Replacing Labeled Real-image Datasets with Auto-generated Contours

In the present work, we show that the performance of formula-driven supervised learning (FDSL) can match or even exceed that of ImageNet-21k without the use of real images, human-, and self-supervision during the pre-training of Vision Transformers (ViTs). For example, ViT-Base pre-trained on ImageNet-21k shows 81.8% top-1 accuracy when fine-tuned on ImageNet-1k and FDSL shows 82.7% top-1 accuracy when pre-trained under the same conditions (number of images, hyperparameters, and number of epochs). Images generated by formulas avoid the privacy/copyright issues, labeling cost and errors, and biases that real images suffer from, and thus have tremendous potential for pre-training general models. To understand the performance of the synthetic images, we tested two hypotheses, namely (i) object contours are what matter in FDSL datasets and (ii) increased number of parameters to create labels affects performance improvement in FDSL pre-training. To test the former hypothesis, we constructed a dataset that consisted of simple object contour combinations. We found that this dataset can match the performance of fractals. For the latter hypothesis, we found that increasing the difficulty of the pre-training task generally leads to better fine-tuning accuracy.

Describing and Localizing Multiple Changes with Transformers

Change captioning tasks aim to detect changes in image pairs observed before and after a scene change and generate a natural language description of the changes. Existing change captioning studies have mainly focused on scenes with a single change. However, detecting and describing multiple changed parts in image pairs is essential for enhancing adaptability to complex scenarios. We solve the above issues from three aspects: (i) We propose a CG-based multi-change captioning dataset; (ii) We benchmark existing state-of-the-art methods of single change captioning on multi-change captioning; (iii) We further propose Multi-Change Captioning transformers (MCCFormers) that identify change regions by densely correlating different regions in image pairs and dynamically determines the related change regions with words in sentences. The proposed method obtained the highest scores on four conventional change captioning evaluation metrics for multi-change captioning. In addition, existing methods generate a single attention map for multiple changes and lack the ability to distinguish change regions.
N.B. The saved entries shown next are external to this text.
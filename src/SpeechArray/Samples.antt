-- ===== src/SpeechArray/Samples.antt =====
-- Streams of whole samples with sound, in the format of speech/src/speecharray.c, and what is mixed of
-- them.
use program_learning.Prelude.{
  ℕ, zero, suc, ◌+◌, ◌*◌, ◌/◌, ◌%◌, ◌^◌, ◌≤◌, ◌≡◌, refl, ap, ap₂, sym, ◌∙◌, and_parts, ◌==◌, ◌&&◌,
  ◌||◌, true, false, List, [], ◌∷◌, ◌++◌, arith, length, drop, get_or, drop-add, length-drop,
  append_assoc, subst,
}
use program_learning.SpeechArray.Format.{has_channels, is_silent, mixed, pair_of, samples, sound}
use program_learning.SpeechArray.Skip.{Sounds}

-- The first `m` times twelve words are samples with sound.
abbrev pub IsPlain : ℕ → List ℕ → Type 0
IsPlain zero ws = Unit {0}
IsPlain (suc m) ws = Sounds ws 0 × IsPlain m (drop 12 ws)

-- What the first `m` samples give.
abbrev pub mix : ℕ → List ℕ → List ℕ
mix zero ws = []
mix (suc m) ws = mixed ws ++ mix m (drop 12 ws)

pub has_channels-length : (c n : ℕ) (ws : List ℕ) → has_channels c n ws ≡ true → n ≤ length ws
unfolding has_channels
has_channels-length c zero ws e = omega arith
has_channels-length c (suc n) [] e = cc
has_channels-length c (suc n) (w ∷ ws) e =
    omega (arith, has_channels-length (c + 1) n ws (and_parts (w / 256 % 16 == c) _ e).1)

samples-nil : (j k : ℕ) → samples j k [] ≡ []
unfolding samples
samples-nil j zero = refl
samples-nil j (suc k) = refl

inside_sample : (j k n : ℕ) (ws : List ℕ) → n ≡ j + k → samples j n ws ≡ samples 0 k (drop j ws)
unfolding samples
inside_sample zero k n ws e = ap (λ l. samples 0 l ws) {y = k} (omega arith)
inside_sample (suc j) k zero ws e = absurd (omega arith)
inside_sample (suc j) k (suc n) [] e = sym (samples-nil 0 k)
inside_sample (suc j) k (suc n) (w ∷ ws) e = inside_sample j k n ws (omega arith)

sample_first :
    (w k : ℕ) (ws : List ℕ)
    → has_channels 1 12 (w ∷ ws) ≡ true
    → samples 0 (suc k) (w ∷ ws) ≡ mixed (w ∷ ws) ++ samples 11 k ws
unfolding samples
sample_first w k ws e = rw e refl

no_sample : has_channels 1 12 [] ≡ false
unfolding has_channels
no_sample = refl

-- The samples of such a stream are those that stand there.
pub samples-mix : (m : ℕ) (ws : List ℕ) → IsPlain m ws → samples 0 (m * 12) ws ≡ mix m ws
unfolding samples
samples-mix zero ws h = refl
samples-mix (suc m) [] (s, h) = cc (sym no_sample ∙ s.0)
samples-mix (suc m) (w ∷ ws) (s, h) =
    ap (λ k. samples 0 k (w ∷ ws)) {y = suc (11 + m * 12)} (omega arith)
    ∙ sample_first w (11 + m * 12) ws s.0
    ∙ ap (λ l. mixed (w ∷ ws) ++ l)
        (inside_sample 11 (m * 12) (11 + m * 12) ws refl ∙ samples-mix m (drop 11 ws) h)

module _ (t : List ℕ) where
  has_channels-front :
      (c n : ℕ) (ws : List ℕ) → n ≤ length ws → has_channels c n (ws ++ t) ≡ has_channels c n ws
  unfolding has_channels
  has_channels-front c zero ws h = refl
  has_channels-front c (suc n) [] h = absurd (omega arith)
  has_channels-front c (suc n) (w ∷ ws) h =
      ap (λ b. (w / 256 % 16 == c) && b) (has_channels-front (c + 1) n ws (omega arith))

  is_silent-front : (n : ℕ) (ws : List ℕ) → n ≤ length ws → is_silent n (ws ++ t) ≡ is_silent n ws
  unfolding is_silent
  is_silent-front zero ws h = refl
  is_silent-front (suc n) [] h = absurd (omega arith)
  is_silent-front (suc n) (w ∷ ws) h =
      ap (λ b. (sound w == 0 || sound w == 0xffff) && b) (is_silent-front n ws (omega arith))

  get_or-front : (ws : List ℕ) (i : ℕ) → suc i ≤ length ws → get_or (ws ++ t) i 0 ≡ get_or ws i 0
  get_or-front [] i h = absurd (omega arith)
  get_or-front (w ∷ ws) zero h = refl
  get_or-front (w ∷ ws) (suc i) h = get_or-front ws i (omega arith)

  pub drop-front : (n : ℕ) (ws : List ℕ) → n ≤ length ws → drop n (ws ++ t) ≡ drop n ws ++ t
  drop-front zero ws h = refl
  drop-front (suc n) [] h = absurd (omega arith)
  drop-front (suc n) (w ∷ ws) h = drop-front n ws (omega arith)

  mixed-front : (ws : List ℕ) → 12 ≤ length ws → mixed (ws ++ t) ≡ mixed ws
  mixed-front ws h = λ i.
      pair 0 1 (omega arith) (omega arith) i
      ∷ pair 6 7 (omega arith) (omega arith) i
      ∷ pair 3 9 (omega arith) (omega arith) i
      ∷ []
    where
      pair : (a b : ℕ) → suc a ≤ 12 → suc b ≤ 12 → pair_of a b (ws ++ t) ≡ pair_of a b ws
      pair a b la lb =
          ap₂ (λ x y. sound x * 2 ^ 16 + sound y) (get_or-front ws a (omega arith))
            (get_or-front ws b (omega arith))

  -- What stands behind the samples does not matter.
  pub mix-front : (m : ℕ) (ws : List ℕ) → m * 12 ≤ length ws → mix m (ws ++ t) ≡ mix m ws
  mix-front zero ws h = refl
  mix-front (suc m) ws h =
      ap₂ (λ a b. a ++ b) (mixed-front ws (omega arith))
        (ap (mix m) (drop-front 12 ws (omega arith))
          ∙ mix-front m (drop 12 ws) (omega (arith, length-drop 12 ws)))

  pub IsPlain-front :
      (m : ℕ) (ws : List ℕ) → m * 12 ≤ length ws → IsPlain m (ws ++ t) → IsPlain m ws
  IsPlain-front zero ws h p = tt
  IsPlain-front (suc m) ws h (s, p) = (
    (
      sym (has_channels-front 1 12 ws (omega arith)) ∙ s.0,
      sym (is_silent-front 12 ws (omega arith)) ∙ s.1,
    ),
    IsPlain-front m (drop 12 ws) (omega (arith, length-drop 12 ws))
        (subst (IsPlain m) (drop-front 12 ws (omega arith)) p),
  )

  pub IsPlain-behind :
      (m : ℕ) (ws : List ℕ) → m * 12 ≤ length ws → IsPlain m ws → IsPlain m (ws ++ t)
  IsPlain-behind zero ws h p = tt
  IsPlain-behind (suc m) ws h (s, p) = (
    (has_channels-front 1 12 ws (omega arith) ∙ s.0, is_silent-front 12 ws (omega arith) ∙ s.1),
    subst (IsPlain m) (sym (drop-front 12 ws (omega arith)))
        (IsPlain-behind m (drop 12 ws) (omega (arith, length-drop 12 ws)) p),
  )

-- Some samples, and then those behind them.
behind : (m : ℕ) (ws : List ℕ) → drop (m * 12) (drop 12 ws) ≡ drop (suc m * 12) ws
behind m ws = sym (drop-add 12 (m * 12) ws) ∙ ap (λ j. drop j ws) (omega arith)

pub IsPlain-split :
    (m k n : ℕ) (ws : List ℕ)
    → n ≡ m + k
    → IsPlain n ws
    → IsPlain m ws × IsPlain k (drop (m * 12) ws)
IsPlain-split zero k n ws e p = (tt, subst (λ l. IsPlain l ws) {y = k} (omega arith) p)
IsPlain-split (suc m) k zero ws e p = absurd (omega arith)
IsPlain-split (suc m) k (suc n) ws e (s, p) =
    let both = IsPlain-split m k n (drop 12 ws) (omega arith) p in
    ((s, both.0), subst (IsPlain k) (behind m ws) both.1)

pub mix-split :
    (m k n : ℕ) (ws : List ℕ) → n ≡ m + k → mix n ws ≡ mix m ws ++ mix k (drop (m * 12) ws)
mix-split zero k n ws e = ap (λ l. mix l ws) {y = k} (omega arith)
mix-split (suc m) k zero ws e = absurd (omega arith)
mix-split (suc m) k (suc n) ws e =
    ap (λ l. mixed ws ++ l) (mix-split m k n (drop 12 ws) (omega arith))
    ∙ sym (append_assoc (mixed ws) (mix m (drop 12 ws)) (mix k (drop (m * 12) (drop 12 ws))))
    ∙ ap (λ l. mix (suc m) ws ++ mix k l) (behind m ws)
In contrast, our proposed method can separate attention maps for each change and performs well with respect to change localization. Moreover, the proposed framework outperformed the previous state-of-the-art methods on an existing change captioning benchmark, CLEVR-Change, by a large margin (+6.1 on BLEU-4 and +9.7 on CIDEr scores), indicating its general ability in change captioning tasks.

Can Vision Transformers Learn without Natural Images?

Can we complete pre-training of Vision Transformers (ViT) without natural images and human-annotated labels? Although a pre-trained ViT seems to heavily rely on a large-scale dataset and human-annotated labels, recent large-scale datasets contain several problems in terms of privacy violations, inadequate fairness protection, and labor-intensive annotation. In the present paper, we pre-train ViT without any image collections and annotation labor. We experimentally verify that our proposed framework partially outperforms sophisticated Self-Supervised Learning (SSL) methods like SimCLRv2 and MoCov2 without using any natural images in the pre-training phase. Moreover, although the ViT pre-trained without natural images produces some different visualizations from ImageNet pre-trained ViT, it can interpret natural image datasets to a large extent. For example, the performance rates on the CIFAR-10 dataset are as follows: our proposal 97.6 vs. SimCLRv2 97.4 vs. ImageNet 98.0.